If you use a lot of homebrew in Dolphin, you're probably someone who commonly swaps over to LLE audio. This is because a lot of Homebrew use special homebrew DSP microcodes called libasnd and libaesnd. Dolphin's DSP-HLE had no way to handle these microcodes!

This popup means you aren't getting audio unless you swap to DSP-LLE.

This is because DSP-HLE doesn't actually emulate the DSP hardware, instead it identifies what DSP microcode is running (based on a hash) and directly emulates that microcode without bothering to actually emulate the hardware itself. This is many times faster, to the point where DSP emulation is never a performance bottleneck when using DSP-HLE. Yet in modern builds of Dolphin, DSP-HLE and DSP-LLE have near parity in supported microcodes. Users no longer have to choose between the accurate but demanding DSP-LLE or old HLE audio that was rife with bugs and only supported a handful of titles well.

Because the GameCube and Wii's retail library is now set, we can be certain that Dolphin's DSP-HLE completely handles those cases with relative accuracy. However, Homebrew (and one demo we found earlier this year!) are the last bastions of unsupported microcodes under DSP-HLE.

And that's the main reason why Dolphin's DSP-HLE hasn't worked for a lot of homebrew. A lot of homebrew uses the libasnd and libaesnd microcodes, which were under active development during most of Dolphin's development life. Writing support for something that could change at any moment seemed silly, but at this point development on the homebrew microcodes seem to have mostly stabilized. The last changes occurred in 2020, and they were minor changes at that.

As part of making homebrew in Dolphin more accessible, it seemed natural to finally add support for the libasnd and libaesnd microcodes that they use. And because they're a part of libogc and open source, adding support for them was far easier than it was figuring out all the crazy behaviors present in various AX and Zelda microcodes! In fact, pokechu22 implemented the libasnd microcode used in most homebrew on the side while working on other audio things.

Play tons of homebrew without needing LLE audio! This is Newo Escape, a flight homebrew game that previously played no audio on DSP-HLE.

Some homebrew that use the slightly more complicated libaesnd still require LLE audio as of this Progress Report, but work on changing that is already underway.

Dev Diary - Solving the Mystery of Monster House

Monster House is a game that has been problematic in Dolphin for a very long time. It's right in that zone where it's not popular enough to see a lot of attention, but not awful enough to draw a lot of morbid curiosity. It's a servicable game that falls apart in the final act.

There have been reports that Monster House is a cursed game, and is simply unbeatable in Dolphin. Invalid read errors would chase away prospective users looking to sneak into the depths of this seemingly haunted labyrinth. Every time we've taken a glance at this title, it has looked like nothing else but a normal game with no noticeable issues. But again and again on the issue tracker and wiki, another soul would be lost to these mysterious crashes.

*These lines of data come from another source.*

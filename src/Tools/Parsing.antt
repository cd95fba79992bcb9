-- ===== src/Tools/Parsing.antt =====
-- providers/comms.py: the parsing of arguments.
use Prim.Native.String.{String, ◌++◌}
use rh_reclaw.Common.{
  ℕ, Option, none, some, List, [], ◌∷◌, contains, ◌==◌, string_eq, if◌then◌else◌,
}
use rh_reclaw.Common.Result.{Result, ok, err, ◌>>=◌}
use rh_reclaw.Common.Json.{text, array, texts}
use rh_reclaw.Common.Text.{sorted_set, str_lt}
use rh_reclaw.Common.Stdlib.{Stdlib, naive, aware}
use rh_reclaw.Models.{ConversationState, ParticipantRole}
use rh_reclaw.Schemas.{conversation_types}

module _ (py : Stdlib) where
  unfoldable pub parse_uuid : String → String → Result String ℕ
  parse_uuid field value = elim (py.parse_uuid value) [
    | none ↦ err ("invalid_request: " ++ field ++ " is not a valid UUID: " ++ py.repr (text value))
    | some id ↦ ok id
  ]

  unfoldable pub parse_uuids : String → List String → Result String (List ℕ)
  parse_uuids field [] = ok []
  parse_uuids field (value ∷ values) = do
    id ← parse_uuid field value
    ids ← parse_uuids field values
    ok (id ∷ ids)

  unfoldable pub parse_expires_at : Option String → Result String (Option ℕ)
  parse_expires_at none = ok none
  parse_expires_at (some value) = elim (py.fromisoformat value) [
    | none ↦
        err
          ("invalid_request: expires_at is not a valid ISO 8601 datetime: " ++ py.repr (text value))
    | some (naive t) ↦
        err "invalid_request: expires_at must be timezone-aware (include a UTC offset)"
    | some (aware t) ↦ ok (some t)
  ]

  -- `sorted(values)` in an error message
  abbrev choices : String → List String → String
  choices field values =
      "invalid_request: "
      ++ field
      ++ " must be one of "
      ++ py.repr (array (texts (sorted_set str_lt values)))

  -- `if role is not None and role not in PARTICIPANT_ROLES: ...`
  unfoldable pub parse_role : Option String → Result String (Option ParticipantRole)
  parse_role none = ok none
  parse_role (some role) =
      if role == "owner"
      then ok (some ParticipantRole.owner)
      else if role == "member"
      then ok (some ParticipantRole.member)
      else err (choices "role" ("owner" ∷ "member" ∷ []))

  unfoldable pub parse_type : Option String → Result String (Option String)
  parse_type none = ok none
  parse_type (some type) =
      if contains type conversation_types
      then ok (some type)
      else err (choices "type" conversation_types)

  unfoldable pub parse_state : Option String → Result String (Option ConversationState)
  parse_state none = ok none
  parse_state (some state) =
      if state == "active"
      then ok (some ConversationState.active)
      else if state == "completed"
      then ok (some ConversationState.completed)
      else if state == "canceled"
      then ok (some ConversationState.canceled)
      else if state == "expired"
      then ok (some ConversationState.expired)
      else err (choices "state" ("active" ∷ "completed" ∷ "canceled" ∷ "expired" ∷ []))
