-- ===== src/Tools/Conversations.antt =====
-- providers/comms.py: start_conversation, post_message, get_conversation, inbox, list_conversations.
use rh_reclaw.Common.{
  ℕ, String, Option, some, List, [], ◌∷◌, Bool, map, ltb, length, ◌==◌, string_eq, if◌then◌else◌,
}
use rh_reclaw.Common.Json.{text, nat, array, object, texts, Dict}
use rh_reclaw.Common.Stdlib.{Stdlib, ℤ, is_negative, to_nat}
use rh_reclaw.Models.{Conversation, Message, state_text}
use rh_reclaw.Schemas.{Pydantic}
use rh_reclaw.Service.Ownership.{agent_table_client}
use rh_reclaw.Service.Conversations.{start_conversation}
use rh_reclaw.Service.Messages.{post_message}
use rh_reclaw.Service.Reads.{get_conversation}
use rh_reclaw.Service.Listings.{list_conversations}
use rh_reclaw.Service.Inbox.{inbox}
use rh_reclaw.Service.Serialization.{
  id_text, iso, fields_of, reading_dict, inbox_dict, conversation_page_dict,
}
use rh_reclaw.Identity.{AccessToken}
use rh_reclaw.Call.{Call, done, ◌>>=◌, ◌>>◌, checked, reject_if, open_session, in_session, unmapped}
use rh_reclaw.Tools.Caller.{caller_sub, resolve_caller_agent}
use rh_reclaw.Tools.Errors.{map_service_errors}
use rh_reclaw.Tools.Parsing.{
  parse_uuid, parse_uuids, parse_expires_at, parse_role, parse_type, parse_state,
}

-- `result["messages_returned"] = result.pop("total_count")`, where there is one
unfoldable pub rename_count : Dict → Dict
rename_count [] = []
rename_count ((k, v) ∷ d) =
    let rest = rename_count d in
    if k == "total_count" then ("messages_returned", v) ∷ d else (k, v) ∷ rest

module _ (py : Stdlib) (px : Pydantic) (found : Option AccessToken) where
  abbrev started_dict : Conversation → List ℕ → Dict
  started_dict c targets =
      ("conversation_id", id_text py c.id)
      ∷ ("type", text c.type)
      ∷ ("state", text (state_text c.state))
      ∷ ("created_by", id_text py c.created_by)
      ∷ ("target_agent_ids", array (texts (map py.uuid_text targets)))
      ∷ ("expires_at", iso py (some c.expires_at))
      ∷ ("created_at", iso py (some c.created_at))
      ∷ []

  unfoldable pub start_conversation_tool :
      String → List String → Dict → String → Option String → ℕ → Option String → Call Dict
  start_conversation_tool conversation_type target_agent_ids initial_message message_type expires_at
        schema_version agent_key =
      do
        sub ← checked (caller_sub py found agent_key)
        reject_if (ltb 50 (length target_agent_ids))
            "invalid_request: target_agent_ids exceeds the participant cap (50)"
        target_uuids ← checked (parse_uuids py "target_agent_ids" target_agent_ids)
        expires_dt ← checked (parse_expires_at py expires_at)
        open_session
        caller ← resolve_caller_agent sub
        conversation ← in_session (map_service_errors py) (
            start_conversation px agent_table_client sub caller.id conversation_type target_uuids
              initial_message message_type schema_version expires_dt)
        done (started_dict conversation target_uuids)

  abbrev posted_dict : String → Message → Dict
  posted_dict conversation_id m =
      ("conversation_id", text conversation_id)
      ∷ ("seq", nat m.seq)
      ∷ ("type", text m.type)
      ∷ ("schema_version", nat m.schema_version)
      ∷ ("payload", object (fields_of m.payload))
      ∷ ("created_at", iso py (some m.created_at))
      ∷ []

  unfoldable pub post_message_tool : String → String → Dict → ℕ → Option String → Call Dict
  post_message_tool conversation_id message_type payload schema_version agent_key = do
    sub ← checked (caller_sub py found agent_key)
    conv_id ← checked (parse_uuid py "conversation_id" conversation_id)
    open_session
    caller ← resolve_caller_agent sub
    message ← in_session (map_service_errors py) (
        post_message px agent_table_client sub caller.id conv_id message_type payload
          schema_version)
    done (posted_dict conversation_id message)

  module _ (collation : String → String → Bool) where
    unfoldable pub get_conversation_tool : String → ℤ → Option String → Call Dict
    get_conversation_tool conversation_id since_seq agent_key = do
      sub ← checked (caller_sub py found agent_key)
      conv_id ← checked (parse_uuid py "conversation_id" conversation_id)
      reject_if (is_negative since_seq) "invalid_request: since_seq must be >= 0"
      open_session
      caller ← resolve_caller_agent sub
      result ←
          in_session (map_service_errors py)
            (get_conversation collation sub caller.id conv_id (to_nat since_seq))
      done (rename_count (reading_dict py result))

  unfoldable pub inbox_tool : Option String → Call Dict
  inbox_tool agent_key = do
    sub ← checked (caller_sub py found agent_key)
    open_session
    caller ← resolve_caller_agent sub
    result ← in_session unmapped (inbox caller.id)
    done (inbox_dict py result)

  unfoldable pub list_conversations_tool :
      Option String → Option String → Option String → ℤ → Option String → Option String → Call Dict
  list_conversations_tool role type state limit cursor agent_key = do
    sub ← checked (caller_sub py found agent_key)
    role' ← checked (parse_role py role)
    type' ← checked (parse_type py type)
    state' ← checked (parse_state py state)
    open_session
    caller ← resolve_caller_agent sub
    page ←
        in_session (map_service_errors py)
          (list_conversations py caller.id role' type' state' limit cursor)
    done (conversation_page_dict py page)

After many years of avoiding the eyesore, it was time to send someone in for real. Someone to get to the bottom of Monster House and find out the truth.

Our unwilling volunteer this time around was JMC47. He was a skeptic that there would be anything special with this particular game and rolled his eyes at the request. We sent him in anyway and armed him with a squirt gun, some savestates, and a cheatcode to refill health. He should have been completely safe with those tools. Should have. Unfortunately, we lost contact soon after he entered the house. All that we could find were these log files of his exploits.


Testers Log - Day 1

I've seen Monster House reported a couple of times over the years and bought the game probably over half a decade ago. I've tried it a few times but upon seeing nothing interesting, I'd always put it on the back burner. This game isn't aggressively bad or maliciously coded, it just seems like a pretty mediocre movie tie-in. Compared to something with crazy issues like True Crime: New York City, it just seemed like it wasn't worth my time. Yet, supposedly this game still isn't playable. We'll see about that.

The game starts out rather suddenly, with the main cast getting thrown into the Monster House with little to no setup. This is apparently a movie tie-in game, so apparently telling the story properly is just optional. At the center of the game are three kids. I will dub them Annoying Child, Sarcastic Girl, and Scared Kid. The gimmick of the game is that these three kids are exploring the Monster House armed with different weapons and they are trying to destroy it in order to... I don't know honestly. They just seem to want to destroy it. But is it evil? Having played through the first chapter of the game, I'm not entirely sure.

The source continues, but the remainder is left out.